Using the listing below, copy exactly the lines from the one containing "unfoldable pub reuse_contract" to the one containing "unfolding reuse_contract insert_contract", both lines included, and no others.

Records provided:
^^^^^^^^
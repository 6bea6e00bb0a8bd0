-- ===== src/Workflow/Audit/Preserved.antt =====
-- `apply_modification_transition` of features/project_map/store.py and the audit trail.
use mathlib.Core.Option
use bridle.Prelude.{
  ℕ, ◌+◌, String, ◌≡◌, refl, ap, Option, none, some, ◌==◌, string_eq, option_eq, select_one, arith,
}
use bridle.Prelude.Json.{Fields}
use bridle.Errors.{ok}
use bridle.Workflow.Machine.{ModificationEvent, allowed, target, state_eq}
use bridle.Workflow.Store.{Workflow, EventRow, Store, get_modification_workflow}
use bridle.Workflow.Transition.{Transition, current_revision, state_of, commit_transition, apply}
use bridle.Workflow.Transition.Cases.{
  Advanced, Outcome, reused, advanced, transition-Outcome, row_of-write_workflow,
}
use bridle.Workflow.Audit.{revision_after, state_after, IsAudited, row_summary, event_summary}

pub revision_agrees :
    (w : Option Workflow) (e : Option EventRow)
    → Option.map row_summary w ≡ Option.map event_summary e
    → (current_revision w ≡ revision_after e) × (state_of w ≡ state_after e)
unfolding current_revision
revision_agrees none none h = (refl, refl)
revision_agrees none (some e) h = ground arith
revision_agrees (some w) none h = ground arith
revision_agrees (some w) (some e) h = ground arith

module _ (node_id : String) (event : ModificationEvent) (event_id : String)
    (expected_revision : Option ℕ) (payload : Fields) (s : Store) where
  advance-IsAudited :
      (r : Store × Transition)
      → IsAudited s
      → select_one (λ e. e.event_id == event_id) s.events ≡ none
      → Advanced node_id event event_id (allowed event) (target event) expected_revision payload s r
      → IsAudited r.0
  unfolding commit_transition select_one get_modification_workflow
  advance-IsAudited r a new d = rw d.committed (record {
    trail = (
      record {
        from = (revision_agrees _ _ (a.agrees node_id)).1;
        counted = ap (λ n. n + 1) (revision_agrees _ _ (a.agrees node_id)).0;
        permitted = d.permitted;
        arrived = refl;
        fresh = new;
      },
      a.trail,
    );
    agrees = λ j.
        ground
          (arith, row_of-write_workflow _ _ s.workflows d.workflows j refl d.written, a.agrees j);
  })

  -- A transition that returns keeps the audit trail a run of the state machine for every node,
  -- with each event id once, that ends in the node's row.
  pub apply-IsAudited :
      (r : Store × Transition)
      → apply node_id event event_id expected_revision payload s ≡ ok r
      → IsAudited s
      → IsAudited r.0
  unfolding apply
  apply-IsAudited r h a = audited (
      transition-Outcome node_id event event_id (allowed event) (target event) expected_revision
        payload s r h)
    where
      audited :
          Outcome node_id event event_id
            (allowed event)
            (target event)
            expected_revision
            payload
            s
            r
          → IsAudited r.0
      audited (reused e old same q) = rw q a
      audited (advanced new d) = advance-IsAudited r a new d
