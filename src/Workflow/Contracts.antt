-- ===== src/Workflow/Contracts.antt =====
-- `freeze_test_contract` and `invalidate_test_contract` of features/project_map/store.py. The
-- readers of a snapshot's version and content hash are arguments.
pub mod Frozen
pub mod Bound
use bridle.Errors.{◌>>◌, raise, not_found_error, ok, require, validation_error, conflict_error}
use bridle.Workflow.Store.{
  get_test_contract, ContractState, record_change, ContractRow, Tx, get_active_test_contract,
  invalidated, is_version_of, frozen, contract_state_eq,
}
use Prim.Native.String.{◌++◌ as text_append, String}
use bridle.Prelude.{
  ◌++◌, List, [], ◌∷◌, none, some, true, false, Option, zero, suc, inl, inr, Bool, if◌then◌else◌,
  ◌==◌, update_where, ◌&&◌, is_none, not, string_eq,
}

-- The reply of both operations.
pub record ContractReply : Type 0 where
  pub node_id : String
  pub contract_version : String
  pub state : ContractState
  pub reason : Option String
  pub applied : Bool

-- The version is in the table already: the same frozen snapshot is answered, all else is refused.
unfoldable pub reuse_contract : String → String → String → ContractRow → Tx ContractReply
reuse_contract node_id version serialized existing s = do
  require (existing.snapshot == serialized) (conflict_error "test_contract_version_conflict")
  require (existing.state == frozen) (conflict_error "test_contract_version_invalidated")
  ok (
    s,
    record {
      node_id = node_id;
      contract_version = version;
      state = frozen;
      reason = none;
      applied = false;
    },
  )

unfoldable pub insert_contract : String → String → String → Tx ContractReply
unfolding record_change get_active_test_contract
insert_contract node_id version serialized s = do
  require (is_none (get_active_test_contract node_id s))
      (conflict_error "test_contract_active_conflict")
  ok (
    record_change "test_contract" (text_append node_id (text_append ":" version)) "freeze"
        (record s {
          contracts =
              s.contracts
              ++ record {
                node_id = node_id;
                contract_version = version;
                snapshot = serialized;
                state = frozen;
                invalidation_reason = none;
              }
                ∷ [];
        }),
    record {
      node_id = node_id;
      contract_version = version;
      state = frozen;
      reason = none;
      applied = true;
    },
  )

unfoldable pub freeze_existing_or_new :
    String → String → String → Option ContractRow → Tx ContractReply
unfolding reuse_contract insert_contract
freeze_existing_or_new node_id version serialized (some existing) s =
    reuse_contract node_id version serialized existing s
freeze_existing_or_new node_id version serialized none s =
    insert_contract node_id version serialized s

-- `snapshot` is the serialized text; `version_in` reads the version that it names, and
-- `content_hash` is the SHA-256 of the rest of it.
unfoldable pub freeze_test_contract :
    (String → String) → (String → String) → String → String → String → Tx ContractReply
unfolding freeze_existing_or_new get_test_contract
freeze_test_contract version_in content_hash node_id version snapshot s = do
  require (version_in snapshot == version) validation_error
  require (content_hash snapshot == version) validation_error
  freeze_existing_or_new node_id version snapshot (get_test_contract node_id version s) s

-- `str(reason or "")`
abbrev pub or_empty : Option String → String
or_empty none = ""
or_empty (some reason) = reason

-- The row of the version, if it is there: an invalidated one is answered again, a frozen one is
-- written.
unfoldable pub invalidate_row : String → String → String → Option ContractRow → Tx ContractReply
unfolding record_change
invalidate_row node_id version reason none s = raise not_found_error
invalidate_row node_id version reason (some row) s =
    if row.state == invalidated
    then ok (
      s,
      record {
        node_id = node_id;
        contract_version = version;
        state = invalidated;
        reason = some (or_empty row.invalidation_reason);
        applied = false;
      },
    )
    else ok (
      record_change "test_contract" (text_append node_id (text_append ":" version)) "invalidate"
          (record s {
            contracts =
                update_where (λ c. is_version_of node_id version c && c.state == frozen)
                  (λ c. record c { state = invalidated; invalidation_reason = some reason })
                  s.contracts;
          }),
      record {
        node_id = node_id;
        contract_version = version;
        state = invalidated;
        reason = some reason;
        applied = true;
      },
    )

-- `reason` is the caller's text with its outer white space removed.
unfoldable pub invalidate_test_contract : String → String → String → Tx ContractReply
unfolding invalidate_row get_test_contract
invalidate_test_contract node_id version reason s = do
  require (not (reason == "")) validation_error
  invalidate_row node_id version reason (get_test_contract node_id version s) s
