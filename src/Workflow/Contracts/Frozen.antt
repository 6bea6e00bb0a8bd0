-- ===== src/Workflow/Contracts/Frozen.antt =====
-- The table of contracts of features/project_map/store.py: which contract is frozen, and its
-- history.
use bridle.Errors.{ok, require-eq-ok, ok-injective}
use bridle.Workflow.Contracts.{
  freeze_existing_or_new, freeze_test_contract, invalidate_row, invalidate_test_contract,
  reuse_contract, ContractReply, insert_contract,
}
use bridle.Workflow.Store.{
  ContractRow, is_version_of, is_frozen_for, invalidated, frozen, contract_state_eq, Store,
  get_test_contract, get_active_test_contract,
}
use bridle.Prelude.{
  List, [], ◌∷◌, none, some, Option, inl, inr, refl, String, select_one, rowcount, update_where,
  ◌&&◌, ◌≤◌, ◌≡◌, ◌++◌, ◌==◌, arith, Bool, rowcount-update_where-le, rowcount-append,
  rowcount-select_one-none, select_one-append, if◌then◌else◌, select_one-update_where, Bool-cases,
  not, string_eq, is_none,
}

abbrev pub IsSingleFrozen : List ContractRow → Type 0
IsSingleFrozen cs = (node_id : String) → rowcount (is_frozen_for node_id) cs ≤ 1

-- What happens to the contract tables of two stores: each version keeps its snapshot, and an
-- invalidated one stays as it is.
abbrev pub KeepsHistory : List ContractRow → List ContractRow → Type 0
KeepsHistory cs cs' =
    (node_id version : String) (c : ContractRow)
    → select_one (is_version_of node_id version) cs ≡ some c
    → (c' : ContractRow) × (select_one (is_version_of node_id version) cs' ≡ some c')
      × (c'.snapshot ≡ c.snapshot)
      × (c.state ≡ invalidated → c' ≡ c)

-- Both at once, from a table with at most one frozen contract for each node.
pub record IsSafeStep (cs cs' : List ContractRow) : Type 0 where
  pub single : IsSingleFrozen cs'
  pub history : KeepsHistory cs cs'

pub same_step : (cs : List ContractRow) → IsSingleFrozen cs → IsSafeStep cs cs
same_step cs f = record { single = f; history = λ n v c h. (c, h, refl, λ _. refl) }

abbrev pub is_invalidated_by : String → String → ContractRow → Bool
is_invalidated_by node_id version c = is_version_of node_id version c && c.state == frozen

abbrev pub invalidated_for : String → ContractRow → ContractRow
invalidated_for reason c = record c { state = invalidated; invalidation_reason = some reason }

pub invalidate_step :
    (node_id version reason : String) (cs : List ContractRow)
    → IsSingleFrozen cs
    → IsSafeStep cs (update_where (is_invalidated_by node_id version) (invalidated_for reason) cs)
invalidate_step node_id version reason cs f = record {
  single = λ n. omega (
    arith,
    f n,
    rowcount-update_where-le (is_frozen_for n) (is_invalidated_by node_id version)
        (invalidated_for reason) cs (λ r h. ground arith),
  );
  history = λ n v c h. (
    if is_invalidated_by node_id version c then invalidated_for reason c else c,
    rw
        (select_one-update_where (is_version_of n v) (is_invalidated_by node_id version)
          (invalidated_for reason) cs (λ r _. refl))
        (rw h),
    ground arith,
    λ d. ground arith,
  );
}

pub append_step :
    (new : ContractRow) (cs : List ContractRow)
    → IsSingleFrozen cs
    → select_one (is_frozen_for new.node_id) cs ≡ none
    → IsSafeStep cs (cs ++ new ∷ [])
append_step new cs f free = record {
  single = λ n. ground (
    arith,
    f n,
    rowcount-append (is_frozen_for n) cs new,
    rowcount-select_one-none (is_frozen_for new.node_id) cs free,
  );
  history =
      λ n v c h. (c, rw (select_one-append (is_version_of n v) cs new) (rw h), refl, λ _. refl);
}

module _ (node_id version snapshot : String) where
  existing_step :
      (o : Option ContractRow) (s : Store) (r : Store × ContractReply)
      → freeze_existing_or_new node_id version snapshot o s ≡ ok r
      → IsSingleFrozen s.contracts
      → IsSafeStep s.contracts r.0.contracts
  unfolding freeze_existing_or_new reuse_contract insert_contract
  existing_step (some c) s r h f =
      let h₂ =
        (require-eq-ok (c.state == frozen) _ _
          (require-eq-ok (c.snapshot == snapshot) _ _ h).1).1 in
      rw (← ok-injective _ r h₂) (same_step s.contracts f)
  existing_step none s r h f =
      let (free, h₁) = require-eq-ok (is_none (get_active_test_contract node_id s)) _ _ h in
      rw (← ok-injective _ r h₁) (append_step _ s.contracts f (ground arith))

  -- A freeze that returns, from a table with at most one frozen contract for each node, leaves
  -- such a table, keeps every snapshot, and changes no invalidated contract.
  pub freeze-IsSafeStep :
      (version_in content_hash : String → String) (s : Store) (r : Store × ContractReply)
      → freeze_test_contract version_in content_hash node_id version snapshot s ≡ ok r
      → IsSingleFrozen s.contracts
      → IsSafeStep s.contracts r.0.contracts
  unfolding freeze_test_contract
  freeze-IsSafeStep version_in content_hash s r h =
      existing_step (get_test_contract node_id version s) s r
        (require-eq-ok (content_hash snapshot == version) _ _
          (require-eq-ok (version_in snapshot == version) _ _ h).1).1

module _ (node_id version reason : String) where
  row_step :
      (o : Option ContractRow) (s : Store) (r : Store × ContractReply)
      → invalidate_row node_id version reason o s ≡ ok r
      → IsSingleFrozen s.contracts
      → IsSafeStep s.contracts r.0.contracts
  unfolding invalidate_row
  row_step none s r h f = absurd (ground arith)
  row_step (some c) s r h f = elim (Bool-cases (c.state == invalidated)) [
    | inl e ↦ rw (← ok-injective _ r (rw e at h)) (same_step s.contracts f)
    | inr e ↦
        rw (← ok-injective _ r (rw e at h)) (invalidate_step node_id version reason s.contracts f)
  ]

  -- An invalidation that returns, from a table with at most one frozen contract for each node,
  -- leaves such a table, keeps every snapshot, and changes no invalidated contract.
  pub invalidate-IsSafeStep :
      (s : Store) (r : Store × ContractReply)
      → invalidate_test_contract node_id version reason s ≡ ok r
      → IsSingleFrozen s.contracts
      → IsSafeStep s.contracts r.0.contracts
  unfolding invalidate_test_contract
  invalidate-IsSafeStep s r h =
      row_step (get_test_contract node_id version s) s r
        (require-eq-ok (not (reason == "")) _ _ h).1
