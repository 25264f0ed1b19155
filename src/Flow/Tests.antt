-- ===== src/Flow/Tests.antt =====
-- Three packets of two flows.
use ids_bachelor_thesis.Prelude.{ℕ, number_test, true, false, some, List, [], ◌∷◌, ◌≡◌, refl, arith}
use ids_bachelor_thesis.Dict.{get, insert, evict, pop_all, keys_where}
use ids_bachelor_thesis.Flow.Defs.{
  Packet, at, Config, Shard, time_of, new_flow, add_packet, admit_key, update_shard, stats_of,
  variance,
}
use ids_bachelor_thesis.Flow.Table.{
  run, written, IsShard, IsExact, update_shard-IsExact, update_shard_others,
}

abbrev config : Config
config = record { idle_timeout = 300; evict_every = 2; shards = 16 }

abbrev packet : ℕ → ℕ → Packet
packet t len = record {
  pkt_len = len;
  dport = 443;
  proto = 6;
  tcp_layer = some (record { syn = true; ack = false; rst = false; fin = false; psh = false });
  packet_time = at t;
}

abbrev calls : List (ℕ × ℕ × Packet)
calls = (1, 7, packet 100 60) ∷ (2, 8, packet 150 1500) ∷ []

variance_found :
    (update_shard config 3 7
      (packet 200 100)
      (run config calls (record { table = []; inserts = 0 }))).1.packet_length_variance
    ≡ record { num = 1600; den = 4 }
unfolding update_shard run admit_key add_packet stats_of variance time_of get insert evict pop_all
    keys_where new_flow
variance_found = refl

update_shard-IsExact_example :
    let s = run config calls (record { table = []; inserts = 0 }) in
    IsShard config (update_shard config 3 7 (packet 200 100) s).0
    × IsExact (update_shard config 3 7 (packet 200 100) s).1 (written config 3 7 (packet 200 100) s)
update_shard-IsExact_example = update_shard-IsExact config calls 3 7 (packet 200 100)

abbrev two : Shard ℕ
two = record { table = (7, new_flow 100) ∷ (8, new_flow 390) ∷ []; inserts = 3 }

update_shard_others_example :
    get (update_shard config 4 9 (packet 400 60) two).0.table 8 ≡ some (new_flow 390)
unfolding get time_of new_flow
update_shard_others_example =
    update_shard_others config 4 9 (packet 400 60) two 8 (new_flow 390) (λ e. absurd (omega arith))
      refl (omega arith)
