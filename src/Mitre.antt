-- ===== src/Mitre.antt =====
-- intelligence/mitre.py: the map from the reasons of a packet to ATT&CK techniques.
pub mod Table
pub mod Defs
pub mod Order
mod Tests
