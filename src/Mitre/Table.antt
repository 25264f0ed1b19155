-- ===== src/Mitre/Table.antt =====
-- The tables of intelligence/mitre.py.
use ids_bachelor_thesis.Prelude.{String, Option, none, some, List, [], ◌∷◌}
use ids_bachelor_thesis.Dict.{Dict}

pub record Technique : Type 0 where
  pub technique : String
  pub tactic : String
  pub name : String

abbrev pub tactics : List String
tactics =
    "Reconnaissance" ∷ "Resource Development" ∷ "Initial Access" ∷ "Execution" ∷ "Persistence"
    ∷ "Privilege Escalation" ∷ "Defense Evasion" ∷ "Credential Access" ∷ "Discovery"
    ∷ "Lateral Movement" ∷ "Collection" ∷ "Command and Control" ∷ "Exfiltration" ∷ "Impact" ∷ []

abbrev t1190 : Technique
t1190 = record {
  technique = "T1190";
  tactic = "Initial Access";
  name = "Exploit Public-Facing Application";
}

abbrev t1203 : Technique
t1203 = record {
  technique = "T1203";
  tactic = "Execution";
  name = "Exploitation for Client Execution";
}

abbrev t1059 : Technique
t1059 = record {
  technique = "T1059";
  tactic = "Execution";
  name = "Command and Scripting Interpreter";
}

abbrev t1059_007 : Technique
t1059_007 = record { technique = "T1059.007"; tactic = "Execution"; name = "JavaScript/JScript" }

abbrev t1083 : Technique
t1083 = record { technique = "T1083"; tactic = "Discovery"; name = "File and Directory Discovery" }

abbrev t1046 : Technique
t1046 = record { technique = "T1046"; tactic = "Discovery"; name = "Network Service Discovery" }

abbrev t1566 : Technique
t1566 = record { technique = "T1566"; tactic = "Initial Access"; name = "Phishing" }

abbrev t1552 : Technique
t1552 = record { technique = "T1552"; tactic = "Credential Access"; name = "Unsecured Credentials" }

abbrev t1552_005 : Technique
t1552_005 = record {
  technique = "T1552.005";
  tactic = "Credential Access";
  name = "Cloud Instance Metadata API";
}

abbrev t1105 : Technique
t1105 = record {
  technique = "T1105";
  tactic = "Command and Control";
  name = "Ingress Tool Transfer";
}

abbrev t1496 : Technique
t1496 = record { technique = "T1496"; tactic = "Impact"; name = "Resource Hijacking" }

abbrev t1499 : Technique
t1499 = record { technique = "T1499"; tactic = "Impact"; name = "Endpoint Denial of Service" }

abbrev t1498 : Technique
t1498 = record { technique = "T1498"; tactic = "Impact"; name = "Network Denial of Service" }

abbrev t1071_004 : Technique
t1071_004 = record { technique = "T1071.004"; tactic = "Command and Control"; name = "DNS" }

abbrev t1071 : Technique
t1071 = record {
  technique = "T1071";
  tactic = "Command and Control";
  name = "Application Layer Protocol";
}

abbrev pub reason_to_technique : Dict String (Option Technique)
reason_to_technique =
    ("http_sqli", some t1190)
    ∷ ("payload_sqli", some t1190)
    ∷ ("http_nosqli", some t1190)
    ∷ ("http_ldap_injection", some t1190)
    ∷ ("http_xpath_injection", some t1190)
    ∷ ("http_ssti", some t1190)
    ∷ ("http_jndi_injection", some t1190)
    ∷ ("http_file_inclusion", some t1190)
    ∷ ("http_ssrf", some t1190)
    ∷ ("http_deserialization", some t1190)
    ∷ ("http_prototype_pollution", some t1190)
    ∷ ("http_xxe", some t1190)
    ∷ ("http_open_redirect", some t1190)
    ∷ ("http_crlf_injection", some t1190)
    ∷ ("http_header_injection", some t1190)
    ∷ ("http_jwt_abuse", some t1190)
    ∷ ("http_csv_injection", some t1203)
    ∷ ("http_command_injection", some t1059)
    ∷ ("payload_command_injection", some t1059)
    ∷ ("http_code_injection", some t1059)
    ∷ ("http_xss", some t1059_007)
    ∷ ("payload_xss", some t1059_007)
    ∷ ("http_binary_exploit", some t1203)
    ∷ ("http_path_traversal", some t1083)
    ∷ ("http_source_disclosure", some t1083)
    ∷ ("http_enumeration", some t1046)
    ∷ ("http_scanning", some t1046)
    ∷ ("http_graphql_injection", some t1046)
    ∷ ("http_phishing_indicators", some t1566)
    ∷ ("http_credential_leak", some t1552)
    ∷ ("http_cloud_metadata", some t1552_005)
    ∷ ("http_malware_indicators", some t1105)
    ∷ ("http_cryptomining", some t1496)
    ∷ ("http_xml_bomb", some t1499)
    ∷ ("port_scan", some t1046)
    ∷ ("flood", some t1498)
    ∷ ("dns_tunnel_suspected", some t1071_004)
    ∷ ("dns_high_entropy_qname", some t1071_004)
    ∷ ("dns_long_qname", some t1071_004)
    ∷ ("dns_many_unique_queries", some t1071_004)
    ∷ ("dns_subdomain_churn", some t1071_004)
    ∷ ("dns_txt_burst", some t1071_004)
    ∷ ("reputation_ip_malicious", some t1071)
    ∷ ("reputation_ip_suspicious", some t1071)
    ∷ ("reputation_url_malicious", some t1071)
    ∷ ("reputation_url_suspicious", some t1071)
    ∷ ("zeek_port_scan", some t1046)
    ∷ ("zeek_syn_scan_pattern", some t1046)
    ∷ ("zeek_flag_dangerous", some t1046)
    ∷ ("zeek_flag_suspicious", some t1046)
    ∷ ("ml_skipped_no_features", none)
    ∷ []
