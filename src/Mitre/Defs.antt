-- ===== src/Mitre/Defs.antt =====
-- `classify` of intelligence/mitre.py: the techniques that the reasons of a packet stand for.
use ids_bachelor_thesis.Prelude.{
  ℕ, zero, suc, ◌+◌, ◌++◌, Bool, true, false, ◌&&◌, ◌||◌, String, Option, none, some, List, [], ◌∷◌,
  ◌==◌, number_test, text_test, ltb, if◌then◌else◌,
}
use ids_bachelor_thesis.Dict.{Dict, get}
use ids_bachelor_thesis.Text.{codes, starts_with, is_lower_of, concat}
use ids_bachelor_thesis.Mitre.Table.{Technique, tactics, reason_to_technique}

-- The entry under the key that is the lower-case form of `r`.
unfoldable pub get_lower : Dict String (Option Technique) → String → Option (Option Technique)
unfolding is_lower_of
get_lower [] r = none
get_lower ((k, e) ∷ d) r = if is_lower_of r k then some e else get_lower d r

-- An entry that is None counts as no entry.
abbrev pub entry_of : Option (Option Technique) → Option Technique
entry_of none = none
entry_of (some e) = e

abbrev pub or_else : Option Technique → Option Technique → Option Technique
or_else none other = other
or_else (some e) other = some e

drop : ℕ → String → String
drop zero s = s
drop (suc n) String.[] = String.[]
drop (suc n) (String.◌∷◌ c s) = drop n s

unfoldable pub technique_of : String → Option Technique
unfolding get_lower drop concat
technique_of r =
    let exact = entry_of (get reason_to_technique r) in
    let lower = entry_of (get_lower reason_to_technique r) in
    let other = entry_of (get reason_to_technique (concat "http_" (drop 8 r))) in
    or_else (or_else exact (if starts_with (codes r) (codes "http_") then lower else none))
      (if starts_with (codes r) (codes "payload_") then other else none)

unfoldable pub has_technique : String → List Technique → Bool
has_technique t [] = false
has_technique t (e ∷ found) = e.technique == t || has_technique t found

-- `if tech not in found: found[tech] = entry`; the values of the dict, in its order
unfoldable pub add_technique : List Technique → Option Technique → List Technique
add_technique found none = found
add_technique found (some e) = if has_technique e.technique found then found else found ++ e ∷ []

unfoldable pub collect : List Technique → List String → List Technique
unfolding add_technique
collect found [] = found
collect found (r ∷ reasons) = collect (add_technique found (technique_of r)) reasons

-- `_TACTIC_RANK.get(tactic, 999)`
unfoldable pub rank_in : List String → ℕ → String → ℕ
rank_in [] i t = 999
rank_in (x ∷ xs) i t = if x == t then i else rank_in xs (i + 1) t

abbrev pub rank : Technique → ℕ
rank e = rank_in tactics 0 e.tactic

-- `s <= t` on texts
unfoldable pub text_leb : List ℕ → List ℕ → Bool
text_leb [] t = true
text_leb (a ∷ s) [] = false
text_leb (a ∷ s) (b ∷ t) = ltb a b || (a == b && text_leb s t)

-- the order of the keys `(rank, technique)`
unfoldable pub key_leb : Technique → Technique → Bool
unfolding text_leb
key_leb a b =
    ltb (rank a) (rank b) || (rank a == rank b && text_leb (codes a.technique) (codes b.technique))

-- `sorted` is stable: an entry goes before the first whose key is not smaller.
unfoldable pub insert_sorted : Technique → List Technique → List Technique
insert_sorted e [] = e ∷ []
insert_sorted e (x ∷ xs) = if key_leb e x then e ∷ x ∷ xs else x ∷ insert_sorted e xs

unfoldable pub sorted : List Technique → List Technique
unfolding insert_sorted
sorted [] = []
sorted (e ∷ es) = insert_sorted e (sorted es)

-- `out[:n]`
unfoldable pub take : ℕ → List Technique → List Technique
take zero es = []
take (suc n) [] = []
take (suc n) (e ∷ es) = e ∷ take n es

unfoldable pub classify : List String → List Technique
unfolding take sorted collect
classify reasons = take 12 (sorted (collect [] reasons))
^^^^^^^^
Answer section:
unfoldable pub reuse_contract : String → String → String → ContractRow → Tx ContractReply
reuse_contract node_id version serialized existing s = do
  require (existing.snapshot == serialized) (conflict_error "test_contract_version_conflict")
  require (existing.state == frozen) (conflict_error "test_contract_version_invalidated")
  ok (
    s,
    record {
      node_id = node_id;
      contract_version = version;
      state = frozen;
      reason = none;
      applied = false;
    },
  )

unfoldable pub insert_contract : String → String → String → Tx ContractReply
unfolding record_change get_active_test_contract
insert_contract node_id version serialized s = do
  require (is_none (get_active_test_contract node_id s))
      (conflict_error "test_contract_active_conflict")
  ok (
    record_change "test_contract" (text_append node_id (text_append ":" version)) "freeze"
        (record s {
          contracts =
              s.contracts
              ++ record {
                node_id = node_id;
                contract_version = version;
                snapshot = serialized;
                state = frozen;
                invalidation_reason = none;
              }
                ∷ [];
        }),
    record {
      node_id = node_id;
      contract_version = version;
      state = frozen;
      reason = none;
      applied = true;
    },
  )

unfoldable pub freeze_existing_or_new :
    String → String → String → Option ContractRow → Tx ContractReply
unfolding reuse_contract insert_contract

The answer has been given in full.